Excystation of Eimeria tenella Sporozoites Impaired by Antibody Recognizing Gametocyte/Oocyst Antigens GAM22 and GAM56

Division of Molecular Parasitology and Biological and Medical Research Centre, Heinrich-Heine-University, Düsseldorf, Institute of Zoology, TU-Dresden, Dresden, Animal Health Business Group, Research & Development, Bayer AG Monheim, Germany

^* To whom correspondence should be addressed. Email: kruecken{at}uni-duesseldorf.de.

	Abstract

Eimeria tenella is the causative agent of coccidiosis in poultry. Infection of chicken intestine begins with ingestion of sporulated oocysts releasing sporocysts which in turn release invasive sporozoites.

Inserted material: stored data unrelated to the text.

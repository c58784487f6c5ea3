-- ===== src/Server/Overlap/Finishes.antt =====
-- Overlapping requests on a service of core/http.go come to their answers.
use envisilab.Base.{
  ℕ, ◌-◌, ◌≤◌, ◌≡◌, refl, sym, Bool-cases, some, inl, inr, Option-cases, List, [], ◌∷◌, ltb, ◌==◌,
  nat_eq, list_eq, eq_iff, eq_self, count, if◌then◌else◌, arith, Text,
}
use envisilab.Heap.{Heap}
use envisilab.Context.Interface.{ContextOps, IsSound}
use envisilab.Server.{Outside, Handler, Arrival, Answer}
use envisilab.Server.Overlap.{Stage, arrived, tokened, made, found, moved, finished, move}
use envisilab.Server.Overlap.Invariant.{rank, rank_bound}
use envisilab.Server.Overlap.Reachable.{System, Reach, move_of, reach_turns}
use envisilab.Server.Overlap.Schedule.{after_turn, run, Reach-after_turn}

module _ (o : Outside) where
  -- A request with no turn left has its answer.
  no_turns :
      (stage : Stage o) → rank o stage ≤ 0 → (answered : Answer o) × (stage ≡ finished answered)
  no_turns arrived h = absurd (omega arith)
  no_turns (tokened token) h = absurd (omega arith)
  no_turns (made token e) h = absurd (omega arith)
  no_turns (found e) h = absurd (omega arith)
  no_turns (moved e message sent) h = absurd (omega arith)
  no_turns (finished answered) h = (answered, refl)

module _ (o : Outside) {c : ContextOps} (reqs : ℕ → Arrival o) (route : ℕ → Text × Handler)
    (safe : IsSound c) (ctx : c.State) (heap : Heap) where
  abbrev next : System o c → ℕ → System o c
  next sys i = after_turn o reqs route sys i (move_of o reqs route sys i)

  stays :
      (sys : System o c) (i : ℕ) (answered : Answer o)
      → sys.stage i ≡ finished answered
      → move_of o reqs route sys i ≡ some (finished answered, sys.server)
  unfolding move
  stays sys i answered e = rw e refl

  own_turn :
      (sys : System o c) (i : ℕ)
      → Reach o reqs route ctx heap sys
      → rank o ((next sys i).stage i) ≤ rank o (sys.stage i) - 1
  own_turn sys i r = elim (Bool-cases (ltb 0 (rank o (sys.stage i)))) [
    | inl more ↦
        let (ready, turns, bound) = reach_turns o reqs route safe ctx heap sys r in
        let (stage, server, taken, less) = turns i (ground (arith, more)) in
        rw taken (ground (arith, less))
    | inr over ↦
        let (answered, e) = no_turns o (sys.stage i) (ground (arith, over)) in
        rw (stays sys i answered e) (ground (arith, e))
  ]

  rank-next :
      (sys : System o c) (j i : ℕ)
      → Reach o reqs route ctx heap sys
      → rank o ((next sys j).stage i) ≤ rank o (sys.stage i) - (if j == i then 1 else 0)
  rank-next sys j i r = elim (Bool-cases (j == i)) [
    | inl this ↦
        let same : i ≡ j = sym ((eq_iff j i).0 this) in rw (same, eq_self j) (own_turn sys j r)
    | inr other ↦ elim (Option-cases (move_of o reqs route sys j)) [
      | inl nothing ↦ rw (nothing, other) (omega arith)
      | inr ((stage, server), taken) ↦ rw (taken, other) (omega arith)
    ]
  ]

  rank-run :
      (is : List ℕ) (sys : System o c) (i : ℕ)
      → Reach o reqs route ctx heap sys
      → rank o ((run o reqs route sys is).stage i) ≤ rank o (sys.stage i) - count i is
  unfolding run
  rank-run [] sys i r = omega arith
  rank-run (j ∷ js) sys i r =
      omega
        (arith, rank-next sys j i r, rank-run js (next sys j) i (Reach-after_turn o reqs route j r))

  -- In whatever order overlapping requests take their turns, from any state that a service can reach:
  -- a request that has had three turns has its answer.
  pub run_answers :
      (is : List ℕ) (sys : System o c) (i : ℕ)
      → Reach o reqs route ctx heap sys
      → 3 ≤ count i is
      → (answered : Answer o) × ((run o reqs route sys is).stage i ≡ finished answered)
  run_answers is sys i r turns =
      no_turns o ((run o reqs route sys is).stage i)
        (omega (arith, turns, rank-run is sys i r, rank_bound o (sys.stage i)))
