-- ===== src/Server/Overlap/Race.antt =====
-- Two beacons for one entity that overlap (core/http.go, core/entity.go): nothing guards the entity
-- between `Update` and `Broadcast`.
use envisilab.Base.{
  ℕ, ◌≡◌, true, false, none, some, List, [], ◌∷◌, nat_eq, list_eq, eq_iff, arith, Text, text,
}
use envisilab.Redis.{Pool, PubSub}
use envisilab.DataStore.{Sql, is_connected}
use envisilab.Heap.{update_at}
use envisilab.Heap.Moved.{moved_entity}
use envisilab.Location.{Location}
use envisilab.Topology.{broadcast}
use envisilab.Context.Interface.{ContextOps}
use envisilab.Endpoint.{in_sync}
use envisilab.Endpoint.UserData.{UserData, handle_user_data}
use envisilab.Server.{Outside, beacon, Arrival, Server, answer}
use envisilab.Server.Sessions.{beacon_message, beacon_response}
use envisilab.Server.Followers.{ops, context_broadcast}
use envisilab.Server.Overlap.{found, moved, finished, take, act, move}

-- A POST of JSON with a location whose time is in sync.
pub record IsBeacon (o : Outside) (req : Arrival o) : Type 0 where
  pub post : req.method ≡ text "POST"
  pub json : req.content_type ≡ text "application/json"
  pub decoded : (o.decode_location req.body).1 ≡ none
  pub on_time : in_sync req.now (o.decode_location req.body).0.timestamp ≡ true

module _ (o : Outside) where
  abbrev pub place : Arrival o → Location
  place req = (o.decode_location req.body).0

  abbrev pub at_place : {c : ContextOps} → Server c → Arrival o → ℕ → Server c
  at_place server req a = record server {
    heap = (update_at o.s2 o.grow server.heap a (place req)).1;
  }

  -- A beacon that is taken moves its entity and has its message.
  take_beacon :
      {c : ContextOps} (server : Server c) (req : Arrival o) (token : Text) (a : ℕ)
      → IsBeacon o req
      → ((ud : UserData) → (o.marshal_user_data ud).1 ≡ none)
      → move o server req token beacon (found (some a))
        ≡ some (
          moved
              (some a)
              (beacon_message o server req a)
              (update_at o.s2 o.grow server.heap a (place req)).0,
          at_place server req a,
        )
  unfolding move take handle_user_data
  take_beacon server req token a v marshals = ground (
    arith,
    v.decoded,
    v.on_time,
    (eq_iff req.method (text "POST")).1 v.post,
    (eq_iff req.content_type (text "application/json")).1 v.json,
    marshals (record {
      client_id = o.uuid.string (server.heap.objects.entity a).client_id;
      location = place req;
    }),
  )

  -- Two beacons for an entity, at the aggregator without a database: when the second is taken between
  -- the update and the broadcast of the first, the data of the first, with its own location, are
  -- broadcast on the channel of the cell of the second's location, and the first is answered as the
  -- others are. User data can be marshalled.
  pub beacon_race :
      (p : Pool) (ps : PubSub) (sql : Sql) (order : List Text → List Text)
      (server : Server (ops o p ps sql order)) (req1 req2 : Arrival o) (token : Text) (a : ℕ)
      → is_connected server.endpoint.ctx.store ≡ false
      → IsBeacon o req1
      → IsBeacon o req2
      → ((ud : UserData) → (o.marshal_user_data ud).1 ≡ none)
      → let e = server.heap.objects.entity a in
        let server1 = at_place server req1 a in
        let server2 = at_place server1 req2 a in
        let data1 = beacon_message o server req1 a in
        let data2 = beacon_message o server1 req2 a in
        let sent1 = (update_at o.s2 o.grow server.heap a (place req1)).0 in
        let sent2 = (update_at o.s2 o.grow server1.heap a (place req2)).0 in
        let cell2 = o.s2.parent (place req2).lat (place req2).lng e.cell.config.topology_level in
        let (t', err) = broadcast server.endpoint.ctx.t cell2 e.groups data1 in
        (move o server req1 token beacon (found (some a))
          ≡ some (moved (some a) data1 sent1, server1))
        × (move o server1 req2 token beacon (found (some a))
            ≡ some (moved (some a) data2 sent2, server2))
        × (move o server2 req1 token beacon (moved (some a) data1 sent1)
            ≡ some (
              finished (answer o (beacon_response err ∷ []) sent1),
              record server2 {
                endpoint = record (server.endpoint) {
                  ctx = record (server.endpoint.ctx) { t = t' };
                };
              },
            ))
  unfolding move act
  beacon_race p ps sql order server req1 req2 token a off v1 v2 marshals =
      let server1 = at_place server req1 a in
      let server2 = at_place server1 req2 a in
      let data1 = beacon_message o server req1 a in
      let (cell1, groups1, level1) = moved_entity o.s2 o.grow server.heap a (place req1) in
      let (cell2, groups2, level2) = moved_entity o.s2 o.grow server1.heap a (place req2) in
      let sent =
        context_broadcast o p ps sql order server.endpoint.ctx (server2.heap.objects.entity a) data1
          off in
      (
        take_beacon server req1 token a v1 marshals,
        take_beacon server1 req2 token a v2 marshals,
        ground (arith, sent, cell2, groups1, groups2, level1),
      )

The monoclonal antibody E2E5 recognizes wall-forming bodies type II (WFBII) in gametocytes and the WFBII-derived inner wall of oocysts. Here, we describe that this antibody also binds to the stieda body of sporocysts and significantly impairs in vitro excystation of sporozoites. Using affinity chromatography and protein sequence analysis, E2E5 is shown to recognize EtGAM56, the E. tenella ortholog of the Eimeria maxima gametocyte-specific GAM56 protein. In addition, this antibody was used to screen a genomic phage display library presenting E. tenella antigens as fusion proteins with gene VIII product on the surface of phagemid particles and identified the novel 22 kDa histidine- and proline-rich protein EtGAM22. The Etgam22 mRNA is predominantly expressed at the gametocyte stage as detected by Northern blotting. Southern blot analysis in combination with data from the E. tenella genome project revealed that Etgam22 is an intronless multi-copy gene with approximately 12-22 copies in head to tail arrangement. Conspicuously, Etgam56 is also intronless and is localized adjacent to another gam56-like gene, Etgam59. Our data suggest that amplification is common for genes encoding oocyst wall proteins.